= Karachi District (Sind) =

Karachi District under British India underwent significant transformation during the period 1936 to 1948. Initially part of Sind Province, it emerged as a pivotal economic and administrative hub.

The district's role and status underwent a dramatic shift with the Partition of India in 1947, culminating in its transfer to the newly formed Federal Capital Territory of Pakistan in 1948.

== Administration ==
During the British colonial era, the administrative setup of Karachi District included several important talukas:

1. Karachi Taluka - The central hub of trade, administration, and port activities. It included the city and surrounding settlements.

2. Kotri Taluka - Situated near the Indus River, it was significant due to its role in transportation and trade routes.

3. Manora Taluka - A coastal region focused on defense and port operations, including Manora Island.

4. Manjhand Taluka - Located inland, known for its rural settlements and agricultural importance.

5. Thatta Taluka - A historical region with a rich cultural past, once a prominent center of trade and learning.

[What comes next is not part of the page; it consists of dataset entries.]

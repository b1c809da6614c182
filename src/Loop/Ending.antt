-- ===== src/Loop/Ending.antt =====
-- `tx_loop_main` (tx_loop.cpp) as a whole. The tasks' functions act on the loop by its calls only.
use libtx.Common.{
  ℕ, zero, suc, ◌+◌, ◌<◌, ◌≡◌, ◌⊎◌, refl, sym, ap, subst, Bool, true, false, not, ◌||◌, List, [],
  ◌∷◌, arith, if◌then◌else◌, Bool-cases, inl, inr, ◌∙◌,
}
use libtx.Loop.{TxLoop, Ref, task, phony, tailer, list_remove, insert_before_tailer}
use libtx.Loop.Main.{
  Turn, again, leave, crash, phony_round, dequeue, turn, turn_at, after_turn, Run, finished,
  crashed, unfinished, main_loop,
}
use libtx.Loop.Queues.{has, Distinct, ends_tailer, has-remove, has-insert}
use libtx.Loop.Invariant.{Inv}
use libtx.Loop.Phony.{before_phony, remove-head}
use libtx.Loop.Steps.{Calls, Calls-Inv}
use libtx.Loop.Progress.{Calls-Forward}
use libtx.Loop.Rounds.{phony_round-Inv, dequeue-Inv}

-- The loop's state while `tx_loop_main` runs.
pub record Running (s : TxLoop) : Type 0 where
  pub inv : Inv s
  pub present : has phony s.tx_taskq ≡ true

-- How a round may end. Either a task has been called, and the phony task is nearer to the head; or
-- the phony task came round, and the loop goes on only if nobody asked for a break.
abbrev TurnOk : Bool → TxLoop → Turn → Type 0
TurnOk first s (again b t) =
    Running t
    × (s.tx_stop ≡ true → t.tx_stop ≡ true)
    × (s.tx_break ≡ true → t.tx_break ≡ true)
    × (((b ≡ first) × (before_phony t.tx_taskq < before_phony s.tx_taskq))
        ⊎ ((b ≡ false) × (s.tx_break ≡ false)))
TurnOk first s (leave t) = Running t
TurnOk first s crash = ⊥

abbrev pub RunOk : Run → Type 0
RunOk (finished t) = Running t
RunOk crashed = ⊥
RunOk unfinished = Unit {0}

phony_round-Running :
    (s : TxLoop) (rest : List Ref) → s.tx_taskq ≡ phony ∷ rest → Inv s → Running (phony_round s)
unfolding phony_round
phony_round-Running s rest q v = record {
  inv = phony_round-Inv s rest q v;
  present =
      let same = ap (list_remove phony) q ∙ remove-head phony rest once.0 in
      ap (λ xs. has phony (insert_before_tailer phony xs)) same
      ∙ has-insert phony phony rest (rw q at v.queues.ends);
}
  where
    once : Distinct (phony ∷ rest)
    once = rw q at v.queues.once

-- Which of its flags a loop has does not matter.
Running-break : {s : TxLoop} (b : Bool) → Running s → Running (record s { tx_break = b })
Running-break b r = record {
  inv = record {
    queues =
        let u = r.inv.queues in
        record {
          ends = u.ends;
          once = u.once;
          once_waiting = u.once_waiting;
          real = u.real;
          queued = u.queued;
          waiting = u.waiting;
          one_wait = u.one_wait;
          busy_queued = u.busy_queued;
        };
    activity = r.inv.activity;
  };
  present = r.present;
}

-- The run ends within the fuel.
pub data Ends (r : Run) : Type 0 where
  ends : (t : TxLoop) → r ≡ finished t → Ends r

-- What is asked of the loop before it ends by itself.
abbrev pub Asked : TxLoop → Type 0
Asked s = (s.tx_stop ≡ true) ⊎ (s.tx_break ≡ true)

module _ (callback : ℕ → TxLoop → TxLoop)
    (acts : (p : ℕ) (s : TxLoop) → Calls s (callback p s)) where
  task_turn :
      (p : ℕ) (rest : List Ref) (first : Bool) (s : TxLoop)
      → s.tx_taskq ≡ task p ∷ rest
      → Running s
      → TurnOk first s (again first (callback p (dequeue p s)))
  unfolding dequeue
  task_turn p rest first s q r =
      let v = dequeue-Inv p s rest q r.inv in
      let f = Calls-Forward (acts p (dequeue p s)) v in
      let here : has phony (list_remove (task p) s.tx_taskq) ≡ true =
        has-remove (task p) phony s.tx_taskq ∙ r.present in
      let once : Distinct (task p ∷ rest) = rw q at r.inv.queues.once in
      let same : list_remove (task p) s.tx_taskq ≡ rest =
        ap (list_remove (task p)) q ∙ remove-head (task p) rest once.0 in
      (
        record { inv = Calls-Inv (acts p (dequeue p s)) v; present = f.present here },
        f.stopped,
        f.broken,
        inl (refl, omega (arith, f.nearer here, ap before_phony same, ap before_phony q)),
      )

  phony_turn :
      (rest : List Ref) (first : Bool) (s : TxLoop)
      → s.tx_taskq ≡ phony ∷ rest
      → Running s
      → TurnOk first s (turn_at callback (phony ∷ rest) first s)
  unfolding turn_at
  phony_turn rest first s q r = split s.tx_break refl
    where
      t : TxLoop
      t = phony_round s

      split :
          (b : Bool)
          → s.tx_break ≡ b
          → TurnOk first s (if b then leave (record t { tx_break = false }) else again false t)
      split true e = Running-break false (phony_round-Running s rest q r.inv)
      split false e = (phony_round-Running s rest q r.inv, (λ h. h), (λ h. h), inr (refl, e))

  at-TurnOk :
      (xs : List Ref) (first : Bool) (s : TxLoop)
      → s.tx_taskq ≡ xs
      → Running s
      → TurnOk first s (turn_at callback xs first s)
  unfolding turn_at
  at-TurnOk [] first s q r = let h : false ≡ true = sym (ap (has phony) q) ∙ r.present in cc
  at-TurnOk (tailer ∷ []) first s q r =
      let h : false ≡ true = sym (ap (has phony) q) ∙ r.present in cc
  at-TurnOk (tailer ∷ x ∷ xs) first s q r =
      let h : false ≡ true = sym (ap ends_tailer q) ∙ r.inv.queues.ends in cc
  at-TurnOk (phony ∷ rest) first s q r = phony_turn rest first s q r
  at-TurnOk (task p ∷ rest) first s q r = task_turn p rest first s q r

  turn-TurnOk : (first : Bool) (s : TxLoop) → Running s → TurnOk first s (turn callback first s)
  unfolding turn
  turn-TurnOk first s r = at-TurnOk s.tx_taskq first s refl r

  step_goes :
      (fuel : ℕ) (first : Bool) (s : TxLoop)
      → (not s.tx_stop || first) ≡ true
      → main_loop callback (suc fuel) first s
        ≡ after_turn (main_loop callback fuel) (turn callback first s)
  unfolding main_loop
  step_goes fuel first s go = rw go

  step_ends :
      (fuel : ℕ) (first : Bool) (s : TxLoop)
      → (not s.tx_stop || first) ≡ false
      → main_loop callback (suc fuel) first s ≡ finished s
  unfolding main_loop
  step_ends fuel first s stay = rw stay

  after_RunOk :
      (next : Bool → TxLoop → Run) (first : Bool) (s : TxLoop) (result : Turn)
      → TurnOk first s result
      → ((b : Bool) (t : TxLoop) → Running t → RunOk (next b t))
      → RunOk (after_turn next result)
  unfolding after_turn
  after_RunOk next first s (again b t) ok rec = rec b t ok.0
  after_RunOk next first s (leave t) ok rec = ok
  after_RunOk next first s crash ok rec = absurd ok

  -- The main loop keeps the invariant, and never calls the tailer, however long it runs.
  pub main_loop-RunOk :
      (fuel : ℕ) (first : Bool) (s : TxLoop) → Running s → RunOk (main_loop callback fuel first s)
  unfolding main_loop
  main_loop-RunOk zero first s r = tt
  main_loop-RunOk (suc fuel) first s r = elim (Bool-cases (not s.tx_stop || first)) [
    | inl go ↦ subst RunOk (sym (step_goes fuel first s go)) (
        after_RunOk (main_loop callback fuel) first s _ (turn-TurnOk first s r)
          (main_loop-RunOk fuel))
    | inr stay ↦ subst RunOk (sym (step_ends fuel first s stay)) r
  ]

  stopped_Ends :
      (fuel : ℕ) (s : TxLoop) → s.tx_stop ≡ true → Ends (main_loop callback (suc fuel) false s)
  stopped_Ends fuel s h = ends s (step_ends fuel false s (ground arith))

  after_Ends :
      (fuel : ℕ) (first : Bool) (s : TxLoop) (result : Turn)
      → TurnOk first s result
      → Asked s
      → before_phony s.tx_taskq < fuel
      → ((b : Bool) (t : TxLoop)
          → Running t
          → Asked t
          → before_phony t.tx_taskq + 1 < fuel
          → Ends (main_loop callback fuel b t))
      → Ends (after_turn (main_loop callback fuel) result)
  unfolding after_turn
  after_Ends fuel first s (leave t) ok asked big rec = ends t refl
  after_Ends fuel first s crash ok asked big rec = absurd ok
  after_Ends fuel first s (again b t) (r, keeps, keeps', inl (same, near)) asked big rec =
      rec b t r (ground (arith, keeps, keeps')) (omega arith)
  after_Ends zero first s (again b t) (r, keeps, keeps', inr (new, quiet)) asked big rec =
      absurd (omega arith)
  after_Ends (suc fuel) first s (again b t) (r, keeps, keeps', inr (new, quiet)) asked big rec =
      rw new (stopped_Ends fuel t (ground (arith, keeps)))

  pub main_loop-Ends :
      (fuel : ℕ) (first : Bool) (s : TxLoop)
      → Running s
      → Asked s
      → before_phony s.tx_taskq + 1 < fuel
      → Ends (main_loop callback fuel first s)
  main_loop-Ends zero first s r asked big = absurd (omega arith)
  main_loop-Ends (suc fuel) first s r asked big = elim (Bool-cases (not s.tx_stop || first)) [
    | inl go ↦ subst Ends (sym (step_goes fuel first s go)) (
        after_Ends fuel first s _ (turn-TurnOk first s r) asked (omega arith) (main_loop-Ends fuel))
    | inr stay ↦ ends s (step_ends fuel first s stay)
  ]
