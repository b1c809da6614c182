-- ===== src/Loop/Stopped.antt =====
-- What is left of a wait queue that is woken after the loop was stopped (tx_loop.cpp).
use libtx.Common.{ℕ, ◌≡◌, refl, true, false, List, [], ◌∷◌, arith, update, ◌∙◌}
use libtx.Loop.{
  TxLoop, Ref, task, phony, tailer, flags_of, tx_task_active, wakeup_one, wakeup_each,
  tx_task_wakeup,
}
use libtx.Loop.Queues.{has}
use libtx.Loop.Invariant.{Inv, Detached}

-- `t` has the queues of `s`, and the tasks that are idle in `s`.
record SameQueues (s t : TxLoop) : Type 0 where
  queue : t.tx_taskq ≡ s.tx_taskq
  waits : t.waitq ≡ s.waitq
  idle : (p : ℕ) → (flags_of t p).idle ≡ (flags_of s p).idle
  stop : t.tx_stop ≡ s.tx_stop

wakeup_one-stopped :
    (reason : ℕ) (r : Ref) (s : TxLoop) → s.tx_stop ≡ true → SameQueues s (wakeup_one reason r s)
unfolding wakeup_one tx_task_active
wakeup_one-stopped reason (task p) s h = record {
  queue = ground arith;
  waits = ground arith;
  idle = λ q. ground arith;
  stop = ground arith;
}
wakeup_one-stopped reason phony s h = record {
  queue = refl;
  waits = refl;
  idle = λ q. refl;
  stop = refl;
}
wakeup_one-stopped reason tailer s h = record {
  queue = refl;
  waits = refl;
  idle = λ q. refl;
  stop = refl;
}

wakeup_each-stopped :
    (reason : ℕ) (rs : List Ref) (s : TxLoop)
    → s.tx_stop ≡ true
    → SameQueues s (wakeup_each reason rs s)
unfolding wakeup_each
wakeup_each-stopped reason [] s h = record {
  queue = refl;
  waits = refl;
  idle = λ q. refl;
  stop = refl;
}
wakeup_each-stopped reason (r ∷ rs) s h =
    let one = wakeup_one-stopped reason r s h in
    let all = wakeup_each-stopped reason rs (wakeup_one reason r s) (one.stop ∙ h) in
    record {
      queue = all.queue ∙ one.queue;
      waits = all.waits ∙ one.waits;
      idle = λ q. all.idle q ∙ one.idle q;
      stop = all.stop ∙ one.stop;
    }

-- If `tx_task_wakeup` is called after `tx_loop_stop`, each task that waited is lost: it is in no
-- queue any more, and is not idle either.
pub wakeup-stopped :
    (q reason p : ℕ) (s : TxLoop)
    → Inv s
    → s.tx_stop ≡ true
    → has (task p) (s.waitq q) ≡ true
    → Detached p (tx_task_wakeup q reason s)
      × ((flags_of (tx_task_wakeup q reason s) p).idle ≡ false)
unfolding tx_task_wakeup
wakeup-stopped q reason p s v h waits =
    let same = wakeup_each-stopped reason (s.waitq q) s h in
    let w = v.queues.waiting q p waits in
    (
      record {
        unqueued = rw (same.queue) (w.1);
        unrecorded = λ r. emptied (wakeup_each reason (s.waitq q) s) r same.waits;
      },
      same.idle p ∙ w.0,
    )
  where
    emptied :
        (t : TxLoop) (r : ℕ) → t.waitq ≡ s.waitq → has (task p) (update t.waitq q [] r) ≡ false
    emptied t r e = rw e (ground (arith, v.queues.one_wait q r p))
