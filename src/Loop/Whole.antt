-- ===== src/Loop/Whole.antt =====
-- `tx_loop_main` and `tx_loop_timeout` (tx_loop.cpp): what a caller of the loop may rely on.
use libtx.Common.{ℕ, ◌+◌, ◌≤◌, ◌<◌, ◌≡◌, sym, ap, true, false, List, [], ◌∷◌, arith, length, ◌∙◌}
use libtx.Common.Int.{is_positive_of_le}
use libtx.Loop.{
  TxLoop, Ref, task, phony, tailer, list_remove, insert_before_tailer, tx_loop_timeout,
}
use libtx.Loop.Main.{Run, finished, crashed, unfinished, enter, exit, tx_loop_main}
use libtx.Loop.Queues.{has, any_busy, has-insert, Distinct-insert, any_busy-count}
use libtx.Loop.Invariant.{InQueues, Inv}
use libtx.Loop.Phony.{
  before_phony, any_busy-insert_phony, count_busy-insert_phony, after-insert_phony,
  ends_tailer-insert_phony,
}
use libtx.Loop.Steps.{Calls}
use libtx.Loop.Ending.{Running, Asked, Ends, ends, main_loop-Ends}

-- The loop as its users see it: no main loop is running.
pub record Resting (s : TxLoop) : Type 0 where
  pub inv : Inv s
  pub absent : has phony s.tx_taskq ≡ false

enter-Running : (s : TxLoop) → Resting s → Running (enter s)
unfolding enter
enter-Running s r = record {
  inv = record {
    queues = record {
      ends = ends_tailer-insert_phony s.tx_taskq u.ends;
      once = Distinct-insert phony s.tx_taskq u.ends u.once r.absent;
      once_waiting = u.once_waiting;
      real = u.real;
      queued = λ p h. u.queued p (sym (at p) ∙ h);
      waiting = λ q p h. ((u.waiting q p h).0, at p ∙ (u.waiting q p h).1);
      one_wait = u.one_wait;
      busy_queued = λ p h. at p ∙ u.busy_queued p h;
    };
    activity = record {
      recent = λ h. cc (after-insert_phony s.tasks s.tx_taskq u.ends r.absent);
      round = λ h. r.inv.activity.round (sym (any_busy-insert_phony s.tasks s.tx_taskq) ∙ h);
      counted = omega (arith, count_busy-insert_phony s.tasks s.tx_taskq, r.inv.activity.counted);
    };
  };
  present = has-insert phony phony s.tx_taskq u.ends;
}
  where
    u : InQueues s
    u = r.inv.queues

    at : (p : ℕ) → has (task p) (insert_before_tailer phony s.tx_taskq) ≡ has (task p) s.tx_taskq
    at p = has-insert phony (task p) s.tx_taskq u.ends

abbrev left_behind : TxLoop → TxLoop
left_behind t = record t { tx_taskq = list_remove phony t.tx_taskq }

abbrev pub Outcome : Run → Type 0
Outcome (finished t) = Resting t
Outcome crashed = ⊥
Outcome unfinished = Unit {0}

before_phony-enter : (xs : List Ref) → before_phony (insert_before_tailer phony xs) ≤ length xs
unfolding insert_before_tailer
before_phony-enter [] = omega arith
before_phony-enter (task p ∷ xs) = omega (arith, before_phony-enter xs)
before_phony-enter (phony ∷ xs) = omega arith
before_phony-enter (tailer ∷ xs) = omega arith

module _ (callback : ℕ → TxLoop → TxLoop)
    (acts : (p : ℕ) (s : TxLoop) → Calls s (callback p s)) where
  -- If `tx_stop` or `tx_break` is set when `tx_loop_main` is called on a loop at rest, and the tasks'
  -- functions act by calls of the loop, it returns, after at most as many rounds as the queue has
  -- elements, and two.
  pub tx_loop_main-Ends :
      (fuel : ℕ) (s : TxLoop)
      → Resting s
      → Asked s
      → length s.tx_taskq + 1 < fuel
      → Ends (tx_loop_main callback fuel s)
  unfolding tx_loop_main enter
  tx_loop_main-Ends fuel s r asked big = leaves (
      main_loop-Ends callback acts fuel true (enter s) (enter-Running s r) asked
        (omega (arith, before_phony-enter s.tx_taskq)))
    where
      leaves : {r : Run} → Ends r → Ends (exit r)
      leaves (ends t e) = ends (left_behind t) (ap exit e)

-- In a loop that satisfies the invariant, while any task of the queue is busy, a poller is told not to
-- sleep, whoever holds the loop.
pub timeout-busy :
    (s : TxLoop) (verify : ℕ)
    → Inv s
    → any_busy s.tasks s.tx_taskq ≡ true
    → tx_loop_timeout s verify ≡ 0
unfolding tx_loop_timeout
timeout-busy s verify v h =
    let p =
      is_positive_of_le s.tx_actives 0
        (omega (arith, v.activity.counted, any_busy-count s.tasks s.tx_taskq h)) in
    ground (arith, v.activity.round h)
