-- ===== src/Loop/Tests.antt =====
-- The theorems on the loop at a concrete state: task 5 is active and task 7 waits in queue 3.
use libtx.Common.{ℕ, ◌≡◌, refl, true, false, some, [], ◌∷◌, arith, inl}
use libtx.Loop.{
  TxTask, TxLoop, task, tailer, flags_of, insert_before_tailer, tx_loop_new, tx_task_active,
  tx_task_record, tx_task_wakeup, tx_loop_stop, tx_loop_timeout,
}
use libtx.Loop.Main.{tx_loop_main}
use libtx.Loop.Invariant.{Inv, Detached}
use libtx.Loop.Calls.{tx_loop_new-Inv, tx_task_active-Inv, tx_loop_stop-Inv}
use libtx.Loop.Waits.{tx_task_record-Inv}
use libtx.Loop.Steps.{Calls, no_call, then_call, active}
use libtx.Loop.Ending.{Ends}
use libtx.Loop.Whole.{Resting, tx_loop_main-Ends, timeout-busy}
use libtx.Loop.Activate.{Woken, wakeup-Woken}
use libtx.Loop.Stopped.{wakeup-stopped}

abbrev idle_tasks : ℕ → TxTask
idle_tasks p = record {
  tx_flags = record { idle = true; busy = false; pending = false; user_mark = false };
  tx_reason = 0;
  tx_data = 0;
  tx_call = p;
}

abbrev sample : TxLoop
sample = tx_task_record 3 7 (tx_task_active (some 5) 1 (tx_loop_new idle_tasks))

sample-Inv : Inv sample
sample-Inv =
    tx_task_record-Inv 3 7 (tx_task_active-Inv (some 5) 1 (tx_loop_new-Inv idle_tasks (λ p. refl)))

sample_queue : sample.tx_taskq ≡ task 5 ∷ tailer ∷ []
unfolding tx_task_record tx_task_active tx_loop_new insert_before_tailer
sample_queue = refl

timeout-busy_example : tx_loop_timeout sample 9 ≡ 0
unfolding tx_task_record tx_task_active tx_loop_new insert_before_tailer
timeout-busy_example = timeout-busy sample 9 sample-Inv refl

-- A task that activates itself again each time it is called.
abbrev rerun : ℕ → TxLoop → TxLoop
rerun p s = tx_task_active (some p) 4 s

rerun-Calls : (p : ℕ) (s : TxLoop) → Calls s (rerun p s)
rerun-Calls p s = then_call no_call (active (some p) 4)

abbrev stopped : TxLoop
stopped = tx_loop_stop sample

stopped-Resting : Resting stopped
unfolding tx_task_record tx_task_active tx_loop_new insert_before_tailer tx_loop_stop
stopped-Resting = record { inv = tx_loop_stop-Inv sample-Inv; absent = refl }

tx_loop_main-Ends_example : Ends (tx_loop_main rerun 6 stopped)
unfolding tx_task_record tx_task_active tx_loop_new insert_before_tailer tx_loop_stop
tx_loop_main-Ends_example =
    tx_loop_main-Ends rerun rerun-Calls 6 stopped stopped-Resting (inl refl) (omega arith)

wakeup-Woken_example :
    Woken (sample.waitq 3) sample (tx_task_wakeup 3 2 sample)
    × ((tx_task_wakeup 3 2 sample).waitq 3 ≡ [])
unfolding tx_task_record tx_task_active tx_loop_new insert_before_tailer
wakeup-Woken_example = wakeup-Woken 3 2 sample sample-Inv refl

wakeup-stopped_example :
    Detached 7 (tx_task_wakeup 3 2 stopped)
    × ((flags_of (tx_task_wakeup 3 2 stopped) 7).idle ≡ false)
unfolding tx_task_record tx_task_active tx_loop_new insert_before_tailer tx_loop_stop
wakeup-stopped_example = wakeup-stopped 3 2 7 stopped (tx_loop_stop-Inv sample-Inv) refl refl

6. Keti Bunder Taluka - A coastal area serving as a fishing and trading port near the Arabian Sea. Indian Gazetteer of India

== History ==
Following the Partition of India in 1947, Karachi was declared the capital of the newly formed Islamic Republic of Pakistan. To ensure the federal government's autonomy, the Federal Capital Territory (FCT) was carved out of Karachi District in 1948.

The FCT remained the capital of Pakistan until 1960 when the capital was shifted to Rawalpindi. While Karachi's status as the federal capital ended, it continued to be a major economic and financial hub of Pakistan.

== Demographics ==

Religious groups in Karachi District (British Sindh era)
Religious group: 1872; 1881; 1891; 1901; 1911; 1921; 1931; 1941
Pop.: %; Pop.; %; Pop.; %; Pop.; %; Pop.; %; Pop.; %; Pop.; %; Pop.; %
Islam: 347,551; 82.07%; 390,067; 81.49%; 453,188; 80.23%; 483,474; 79.54%; 396,334; 75.97%; 386,151; 71.24%; 465,785; 71.63%; 457,035; 64.02%
Hinduism: 72,513; 17.12%; 82,860; 17.31%; 103,589; 18.34%; 115,240; 18.96%; 111,748; 21.42%; 138,485; 25.55%; 162,111; 24.93%; 222,597; 31.18%
Christianity: 2,643; 0.62%; 4,674; 0.98%; 6,314; 1.12%; 6,486; 1.07%; 9,013; 1.73%; 9,999; 1.84%; 13,152; 2.02%; 17,695; 2.48%
Zoroastrianism: 717; 0.17%; 969; 0.2%; 1,408; 0.25%; 1,841; 0.3%; 2,202; 0.42%; 2,720; 0.5%; 3,364; 0.52%; 3,721; 0.52%
Judaism: 7; 0%; 106; 0.02%; 147; 0.03%; 381; 0.06%; 573; 0.11%; 661; 0.12%; 955; 0.15%; 1,053; 0.15%
Jainism: —N/a; —N/a; 9; 0%; 99; 0.02%; 126; 0.02%; 650; 0.12%; 1,118; 0.21%; 629; 0.1%; 3,215; 0.45%
Buddhism: —N/a; —N/a; 3; 0%; 2; 0%; 0; 0%; 21; 0%; 41; 0.01%; 53; 0.01%; 111; 0.02%
Sikhism: —N/a; —N/a; —N/a; —N/a; 132; 0.02%; —N/a; —N/a; 1,150; 0.22%; 2,543; 0.47%; 4,009; 0.62%; 7,589; 1.06%
Tribal: —N/a; —N/a; —N/a; —N/a; —N/a; —N/a; —N/a; —N/a; 30; 0.01%; 347; 0.06%; 172; 0.03%; 884; 0.12%
Others: 64; 0.02%; 0; 0%; 1; 0%; 280; 0.05%; 0; 0%; 0; 0%; 10; 0%; 0; 0%
Total population: 423,495; 100%; 478,688; 100%; 564,880; 100%; 607,828; 100%; 521,721; 100%; 542,065; 100%; 650,240; 100%; 713,900; 100%
Note: British Sindh era district borders are not an exact match in the present-day due to various bifurcations to district borders — which since created new districts — throughout the region during the post-independence era that have taken into account population increases.